Das Panasonic Tough Book liegt bei 3,6T€. Unter folgendem Link

http://www.zdnet.de/mobile/notebooks/0,39023409,39115958,00.htm


Gruß
gepi


----------



## Hand

Es wird wohl ein Thinkpad mit Magnesiumgehäuse werden, das Thoughbook hat leider nur ein 13,3er Display.

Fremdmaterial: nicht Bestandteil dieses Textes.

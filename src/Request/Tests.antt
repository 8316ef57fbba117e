-- ===== src/Request/Tests.antt =====
-- request.c on concrete messages.
use protos_tpe.Prelude.{◌≡◌, refl, true, some, [], ◌∷◌, arith, replicate}
use protos_tpe.Buffer.{Buffer, IsValid, contents}
use protos_tpe.Buffer.Writes.{Pushed}
use protos_tpe.Request.{Parser, init, ver, daddr, step, parser_feed, fill_reply_addr, inet}
use protos_tpe.Request.Bounds.{InBounds, HasNoNul, request_step-InBounds, request_step-HasNoNul}
use protos_tpe.Request.Laws.{domain}
use protos_tpe.Request.Message.{Parsed, request_feed-message}
use protos_tpe.Request.Reply.{reply, fill_reply_addr_lem}

abbrev zeroed : Parser
zeroed = record {
  state = ver;
  cmd = 0;
  atyp = 0;
  dst_addr = replicate 256 0;
  addr_len = 0;
  addr_read = 0;
  dst_port = 0;
  port_read = 0;
}

-- CONNECT to "ab", port 443
abbrev connect_ab : Buffer
connect_ab = record {
  bytes = 5 ∷ 1 ∷ 0 ∷ 3 ∷ 2 ∷ 97 ∷ 98 ∷ 1 ∷ 187 ∷ 22 ∷ [];
  limit = 10;
  read = 0;
  write = 10;
}

abbrev empty : Buffer
empty = record { bytes = replicate 32 0; limit = 32; read = 0; write = 0 }

request_feed-message_example :
    (q : Parser) × (b' : Buffer) × (parser_feed (init zeroed) connect_ab ≡ some (q, b'))
    × Parsed 1 (domain (97 ∷ 98 ∷ [])) 443 q
    × (contents b' ≡ 22 ∷ [])
    × IsValid b'
request_feed-message_example =
    request_feed-message (domain (97 ∷ 98 ∷ [])) 1 443 (22 ∷ []) zeroed {b = connect_ab} refl
      (omega arith) refl (omega arith) (omega arith)

fill_reply_addr_example :
    (b' : Buffer) × (fill_reply_addr empty 0 (inet (127 ∷ 0 ∷ 0 ∷ 1 ∷ []) 443) ≡ some (true, b'))
    × Pushed empty b' (reply 0 1 (127 ∷ 0 ∷ 0 ∷ 1 ∷ []) 443)
fill_reply_addr_example =
    fill_reply_addr_lem 0 (inet (127 ∷ 0 ∷ 0 ∷ 1 ∷ []) 443) {b = empty} (omega arith) (omega arith)
      (omega arith)

-- The last byte of a domain name of two bytes is to come.
abbrev at_end : Parser
at_end = record zeroed {
  state = daddr;
  atyp = 3;
  addr_len = 2;
  addr_read = 1;
  dst_addr = 97 ∷ replicate 255 0;
}

at_end-InBounds : InBounds at_end
at_end-InBounds = record {
  addr_size = refl;
  addr_byte = omega arith;
  port_word = omega arith;
  early = λ e. absurd (cc e);
  addr_room = λ e. (omega arith, refl);
  port_room = λ e. absurd (cc e);
}

request_step-InBounds_example : InBounds (step at_end 98)
request_step-InBounds_example = request_step-InBounds at_end 98 (omega arith) at_end-InBounds

request_step-HasNoNul_example : HasNoNul (step at_end 98)
request_step-HasNoNul_example =
    request_step-HasNoNul at_end 98 at_end-InBounds
      (λ domain. ((λ e. absurd (omega (arith, e))), tt))
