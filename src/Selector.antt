-- ===== src/Selector.antt =====
-- shared/selector.c: the table of registered descriptors and the descriptor sets of `select`.
-- `none` as an item is one with `fd == FD_UNUSED`. `none` as a result is an access outside of the
-- table. `fds` is NULL as long as the table is empty.
pub mod Capacity
pub mod Laws
pub mod Register
pub mod Cleared
pub mod Tests
pub mod Unregister
use protos_tpe.Prelude.{
  ℕ, zero, suc, ◌+◌, ◌-◌, ◌*◌, ◌/◌, ◌^◌, ℤ, pos, negsuc, Bool, true, false, ◌&&◌, ◌||◌, not, Option,
  none, some, List, [], ◌∷◌, ◌++◌, ltb, leb, ◌==◌, if◌then◌else◌, ◌>>=◌, length, get_elem?, get_or,
  set, replicate,
}

-- `selector_status`
pub data Status : Type 0 where
  success enomem maxfd iargs fdinuse io : Status

-- `fd_interest`, the bits OP_READ and OP_WRITE
pub record Interest : Type 0 where
  pub op_read : Bool
  pub op_write : Bool

-- `struct item` in use, with the type of handlers and of data
pub record Item (H D : Type 0) : Type 0 where
  pub fd : ℕ
  pub interest : Interest
  pub handler : H
  pub data_of : D

-- `FD_SETSIZE`
abbrev pub items_max_size : ℕ
items_max_size = 1024

-- `fd_set`
abbrev pub FdSet : Type 0
FdSet = ℕ → Bool

-- FD_SET and FD_CLR
abbrev pub fd_put : ℕ → Bool → FdSet → FdSet
fd_put fd b fds k = if k == fd then b else fds k

-- `struct fdselector`, without the queue of finished jobs
pub record Selector (H D : Type 0) : Type 0 where
  pub items : List (Option (Item H D))
  pub max_fd : ℕ
  pub master_r : FdSet
  pub master_w : FdSet

-- The loop of `next_capacity`; a `size_t` has at most 64 bits.
unfoldable pub count_bits : ℕ → ℕ → ℕ
count_bits zero n = 0
count_bits (suc k) n = let rest = count_bits k (n / 2) in if n == 0 then 0 else suc rest

-- `next_capacity`; the `assert` is Capacity's theorem.
unfoldable pub next_capacity : ℕ → ℕ
next_capacity n =
    let size = 2 ^ count_bits 64 n in (if ltb items_max_size size then items_max_size else size) + 1

-- `INVALID_FD`, else the descriptor as an index
unfoldable pub checked_fd : ℤ → Option ℕ
checked_fd (negsuc _) = none
checked_fd (pos fd) = if leb items_max_size fd then none else some fd

module _ {H D : Type 0} where
  -- `items_update_fdset_for_fd`
  unfoldable pub update_fdset : Option (Item H D) → Selector H D → Selector H D
  update_fdset none s = s
  update_fdset (some item) s = record s {
    master_r = fd_put item.fd item.interest.op_read s.master_r;
    master_w = fd_put item.fd item.interest.op_write s.master_w;
  }

  -- The loop of `items_max_fd`, with the rounds that are left.
  unfoldable pub max_from : List (Option (Item H D)) → ℕ → ℕ → ℕ → ℕ
  max_from items zero i max = max
  max_from items (suc k) i max = max_from items k (i + 1) (elim (get_or items i none) [
    | none ↦ max
    | some item ↦ if ltb max item.fd then item.fd else max
  ])

  -- `items_max_fd`
  unfoldable pub items_max_fd : Selector H D → ℕ
  items_max_fd s = max_from s.items (s.max_fd + 1) 0 0

  -- `ensure_capacity`; `alloc` says whether the system gives the memory for that many items.
  unfoldable pub ensure_capacity : (ℕ → Bool) → Selector H D → ℕ → Status × Selector H D
  ensure_capacity alloc s n =
      let size = next_capacity n in
      if ltb n (length s.items)
      then (success, s)
      else if ltb items_max_size n
      then (maxfd, s)
      else if not (alloc size)
      then (enomem, s)
      else (success, record s { items = s.items ++ replicate (size - length s.items) none })

  -- `selector_new`
  unfoldable pub new : (ℕ → Bool) → ℕ → Option (Selector H D)
  unfolding ensure_capacity
  new alloc initial_elements =
      let zeroed : Selector H D = record {
        items = [];
        max_fd = 0;
        master_r = λ k. false;
        master_w = λ k. false;
      } in
      let (status, s) = ensure_capacity alloc zeroed initial_elements in
      elim status [ success ↦ some s | _ ↦ none ]

  -- The second part of `selector_register`
  unfoldable pub put_item : Selector H D → ℕ → H → Interest → D → Option (Status × Selector H D)
  unfolding update_fdset
  put_item s fd handler interest data_of = elim (get_elem? s.items fd) [
    | none ↦ none
    | some (some item) ↦ some (fdinuse, s)
    | some none ↦
        (let item : Item H D = record {
          fd = fd;
          interest = interest;
          handler = handler;
          data_of = data_of;
        } in
          some (
            success,
            update_fdset (some item) (record s {
              items = set s.items fd (some item);
              max_fd = if ltb s.max_fd fd then fd else s.max_fd;
            }),
          ))
  ]

  -- `selector_register`; a null handler is `none`.
  unfoldable pub register :
      (ℕ → Bool) → Selector H D → ℤ → Option H → Interest → D → Option (Status × Selector H D)
  unfolding put_item ensure_capacity checked_fd
  register alloc s fd none interest data_of = some (iargs, s)
  register alloc s fd (some handler) interest data_of = elim (checked_fd fd) [
    | none ↦ some (iargs, s)
    | some ufd ↦
        if ltb (length s.items) ufd
        then (let (status, grown) = ensure_capacity alloc s ufd in
            elim status [
              | success ↦ put_item grown ufd handler interest data_of
              | failed ↦ some (failed, grown)
            ])
        else put_item s ufd handler interest data_of
  ]

  -- `item->interest = OP_NOOP`
  abbrev pub quieted : Option (Item H D) → Option (Item H D)
  quieted none = none
  quieted (some item) =
      some (record item { interest = record { op_read = false; op_write = false } })

  -- `selector_unregister_fd`; `handle_close` is what the handler's close does to the selector.
  unfoldable pub unregister :
      (H → ℕ → D → Selector H D → Selector H D) → Selector H D → ℤ → Option (Status × Selector H D)
  unfolding items_max_fd update_fdset checked_fd
  unregister handle_close s fd = elim (checked_fd fd) [
    | none ↦ some (iargs, s)
    | some ufd ↦ elim (get_elem? s.items ufd) [
      | none ↦ none
      | some none ↦ some (iargs, s)
      | some (some item) ↦
          (let closed = handle_close item.handler item.fd item.data_of s in
            let cleared =
              update_fdset (quieted (get_or closed.items ufd none))
                (record closed { items = set closed.items ufd none }) in
            some (success, record cleared { max_fd = items_max_fd cleared }))
    ]
  ]

  -- `selector_set_interest`
  unfoldable pub set_interest : Selector H D → ℤ → Interest → Option (Status × Selector H D)
  unfolding update_fdset checked_fd
  set_interest s fd i = elim (checked_fd fd) [
    | none ↦ some (iargs, s)
    | some ufd ↦ elim (get_elem? s.items ufd) [
      | none ↦ none
      | some none ↦ some (iargs, s)
      | some (some item) ↦
          (let changed = record item { interest = i } in
            some (
              success,
              update_fdset (some changed) (record s { items = set s.items ufd (some changed) }),
            ))
    ]
  ]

Ich denke auch dass alle 2 Jahre ein neues mit aktueller Technik besser ist


----------



## jabba

Hallo zusammen,

ich kann da Ralle nur zustimmen.

Für die Erstausstattung ist ein Field-PG super.
Die gibt es schon mal für 4k€ incl Software. Vor allem für Instandhaltung usw. ist das als Erstausstattung von Interesse.
Aber wer schon seit Jahren mit der Software arbeitet und einen Wartungsvertrag hat, der will nicht das Geld für ein Field-PG ausgeben.
Ich kauf mir alle 18-24 Monate ein einfaches Notebook meist Asus und zur Zeit ein LG, nach der Zeit gehen die eine Ebene tiefer.
Nach zwei Jahren intensiven Einsatz sehen die Notebooks nicht mehr ganz so gut aus, die Field-PG halten vieleicht etwas mehr aus, jedoch kenne ich keines, was so im Einsatz ist wie meine Notebook´s.
Alleine der Preis vom Field-PG setzt eine Nutzung von mehreren Jahren vorraus, nach meiner Erfahrung wir in grösseren Firmen lieber einmal viel Geld ausgegeben aus mehrmals wenig.
Wenn man nicht nur die Siemens Software sondern auch z.B. Anwendungsentwicklung usw. auf dem Notebook macht, hat man lieber eines was dem Zeitgeit und der Technik entspricht , und nicht eines was 4 Jahre alt ist.
Der größte Vorteil von den Dingern sind meines erachtens die Schnittstellen, aber die kaufe ich mir einmal, beim Fied-PG jedesmal.


----------



## mega_ohm

Hand schrieb:


> Ich suche eine Alternative zum FieldPG M, der kostet ohne Software ja schon 5000€
> 
> Wobei das Teil für Inbetriebnahmen echt Top ist, kann man dank des Griffs auch mal im stehen was machen.
> 
> Was benutzt ihr so für Laptops?


5000 € für ein Siemens- Schleppi ??? Das halte ich für ein übles Gerücht.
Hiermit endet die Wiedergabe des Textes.